Lors d'une commémoration des accords d'Evian, Anissa Boumédiène rend un vibrant hommage « à la femme algérienne qui, que ça plaise ou non, est la moitié du peuple algérien. Et qui a pris tant de risques, pendant la guerre, pour faire passer de l'argent ou des armes dans les couffins ». Elle déplore que « beaucoup d'archives algériennes de la révolution ne soient pas révélées. Elles montreraient que certains des nôtres ont manifesté un manque de cœur vis-à-vis des combattants algériens qui eux étaient des purs ».

Réaction et Critique

Les prises de position d'Anissa Boumédiène suscitent des réactions diverses. Elle a été critiquée pour ses propos sur Boualem Sansal, perçus comme un soutien à la répression de la liberté d'expression en Algérie.

L’avocat Bouzida lui répond par une lettre ouverte, critiquant son article paru dans le quotidien El Watan.
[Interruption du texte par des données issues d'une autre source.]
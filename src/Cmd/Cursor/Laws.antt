-- ===== src/Cmd/Cursor/Laws.antt =====
-- cmd/rdns-crawler/main.go: the count cursor is read back, and where a resumed re-crawl begins.
use r_dns_crawler.Base.{
  ℕ, ◌+◌, ◌-◌, ◌*◌, ◌^◌, ◌<◌, ◌≤◌, ◌≡◌, refl, sym, ap, ◌∙◌, true, false, List, [], ◌∷◌, ◌++◌, some,
  Bytes, length, trim_space, trim_left, trim_right, is_space, ◌==◌, arith, lt→ltb, take, drop,
  append-nil,
}
use r_dns_crawler.Base.Decimal.{decimal}
use r_dns_crawler.Base.Decimal.Laws.{value, Digits, decimal-Digits, length-decimal, value-decimal}
use r_dns_crawler.Store.Codec.{Codec}
use r_dns_crawler.Store.Block.{Rec, Outcome}
use r_dns_crawler.Store.Scan.{scan}
use r_dns_crawler.Store.Targets.{stream_targets}
use r_dns_crawler.Store.Targets.Delivered.{delivered, targets, quota}
use r_dns_crawler.Store.Targets.Resume.{stream_targets_lem}
use r_dns_crawler.Base.Trim.{trim_left_cons, trim_right_cons}
use r_dns_crawler.Ipgen.Address.{is_digit}
use r_dns_crawler.Cmd.Cursor.{
  write_count_cursor, read_count_cursor, before_slash, scan_end, scan_uint, recrawl_skip,
}

digit_not_space : (c : ℕ) → 48 ≤ c → c < 58 → is_space c ≡ false
unfolding is_space
digit_not_space c lo hi = ground arith

trim_right-append : (s t : Bytes) → Digits s → trim_right (s ++ t) ≡ s ++ trim_right t
trim_right-append [] t h = refl
trim_right-append (c ∷ s) t h =
    trim_right_cons c (s ++ t) (omega (arith, h.0.1)) (digit_not_space c h.0.0 h.0.1)
    ∙ ap (λ l. c ∷ l) (trim_right-append s t h.1)

trim_left-Digits : (s t : Bytes) → 0 < length s → Digits s → trim_left (s ++ t) ≡ s ++ t
trim_left-Digits [] t some_digit h = absurd (omega arith)
trim_left-Digits (c ∷ s) t some_digit h =
    trim_left_cons c (s ++ t) (omega (arith, h.0.1)) (digit_not_space c h.0.0 h.0.1)

before_slash-Digits : (s t : Bytes) → Digits s → before_slash (s ++ (47 ∷ t)) ≡ s
unfolding before_slash
before_slash-Digits [] t h = refl
before_slash-Digits (c ∷ s) t h =
    let other : (c == 47) ≡ false = ground (arith, h.0.0) in
    rw (other, before_slash) (ap (λ l. c ∷ l) (before_slash-Digits s t h.1))

scan_uint-Digits :
    (v n : ℕ) (s : Bytes) → Digits s → scan_uint v n s ≡ scan_end (value v s) (n + length s)
unfolding scan_uint
scan_uint-Digits v n [] h = ap (scan_end v) (omega arith)
scan_uint-Digits v n (c ∷ s) h =
    let digit : is_digit c ≡ true = ground (arith, h.0.0, h.0.1) in
    rw (digit, scan_uint)
      (scan_uint-Digits (v * 10 + (c - 48)) (n + 1) s h.1
        ∙ ap (scan_end (value (v * 10 + (c - 48)) s)) (omega arith))

-- For a uint64: `readCountCursor` gives the number back that `writeCountCursor` put first, whatever
-- total stands behind it.
pub read_count_cursor-write_count_cursor :
    (done total : ℕ)
    → done < 2 ^ 64
    → read_count_cursor (some (write_count_cursor done total)) ≡ some done
unfolding write_count_cursor read_count_cursor trim_space
read_count_cursor-write_count_cursor done total h =
    let digits = decimal-Digits done in
    let text = decimal total ++ (10 ∷ []) in
    let trimmed : trim_right (trim_left (decimal done ++ (47 ∷ text)))
        ≡ decimal done ++ (47 ∷ trim_right text) =
      ap trim_right (trim_left-Digits (decimal done) (47 ∷ text) (length-decimal done) digits)
      ∙ trim_right-append (decimal done) (47 ∷ text) digits
      ∙ ap (λ l. decimal done ++ l) (trim_right_cons 47 text (omega arith) slash) in
    let unspaced : trim_left (decimal done) ≡ decimal done =
      ap trim_left (sym (append-nil (decimal done)))
      ∙ trim_left-Digits (decimal done) [] (length-decimal done) digits
      ∙ append-nil (decimal done) in
    ap (λ t. scan_uint 0 0 (trim_left (before_slash t))) trimmed
    ∙ ap (λ t. scan_uint 0 0 (trim_left t))
        (before_slash-Digits (decimal done) (trim_right text) digits)
    ∙ ap (scan_uint 0 0) unspaced
    ∙ scan_uint-Digits 0 0 (decimal done) digits
    ∙ ap (λ v. scan_end v (0 + length (decimal done))) (value-decimal done h)
    ∙ ended (length (decimal done)) (length-decimal done)
  where
    slash : is_space 47 ≡ false
    slash = unfold is_space in refl

    ended : (k : ℕ) → 0 < k → scan_end done (0 + k) ≡ some done
    ended k some_digit =
        let more : (0 + k == 0) ≡ false = ground arith in
        unfold scan_end in rw (more, lt→ltb done (2 ^ 64) h) refl

-- For a cursor file that `runRecrawl` wrote for `done` targets, a uint64, and an old shard with fewer
-- than 2 ^ 64 records, when `room` sends go through before the next cancellation: a run with
-- `--resume` delivers the targets from one checkpoint interval before the cursor on, or from the
-- first if the cursor is not past one interval; so it repeats at most an interval and leaves out no
-- target behind that point, up to the run's limit.
pub recrawl_resume :
    (z : Codec) (old : Bytes) (mask limit total room done : ℕ) (rs : List Rec) (e : Outcome)
    → done < 2 ^ 64
    → scan z old ≡ (rs, e)
    → length rs < 2 ^ 64
    → let skip = recrawl_skip true (read_count_cursor (some (write_count_cursor done total))) in
      delivered (stream_targets z old mask skip limit 0 room).events
      ≡ take (quota limit room 0) (drop (done - 131072) (targets mask rs))
unfolding recrawl_skip
recrawl_resume z old mask limit total room done rs e h scanned few =
    let back : recrawl_skip true (some done) ≡ done - 131072 = ground arith in
    (stream_targets_lem z old mask _ limit 0 room rs e scanned few).0
    ∙ ap (λ c. take (quota limit room 0) (drop (recrawl_skip true c) (targets mask rs)))
        (read_count_cursor-write_count_cursor done total h)
    ∙ ap (λ k. take (quota limit room 0) (drop k (targets mask rs))) back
Il lui reproche de donner une leçon de déontologie aux journalistes et de cracher sur les tombes de deux héros de la révolution. Il remet en question son rôle pendant la révolution et son influence en tant que Première dame.

Distinctions et Reconnaissance

Malgré les controverses, Anissa Boumédiène est reconnue pour son engagement en faveur du dialogue, de la réconciliation et de la paix. Elle est invitée à témoigner à l'occasion du cinquantième anniversaire des accords d'Evian.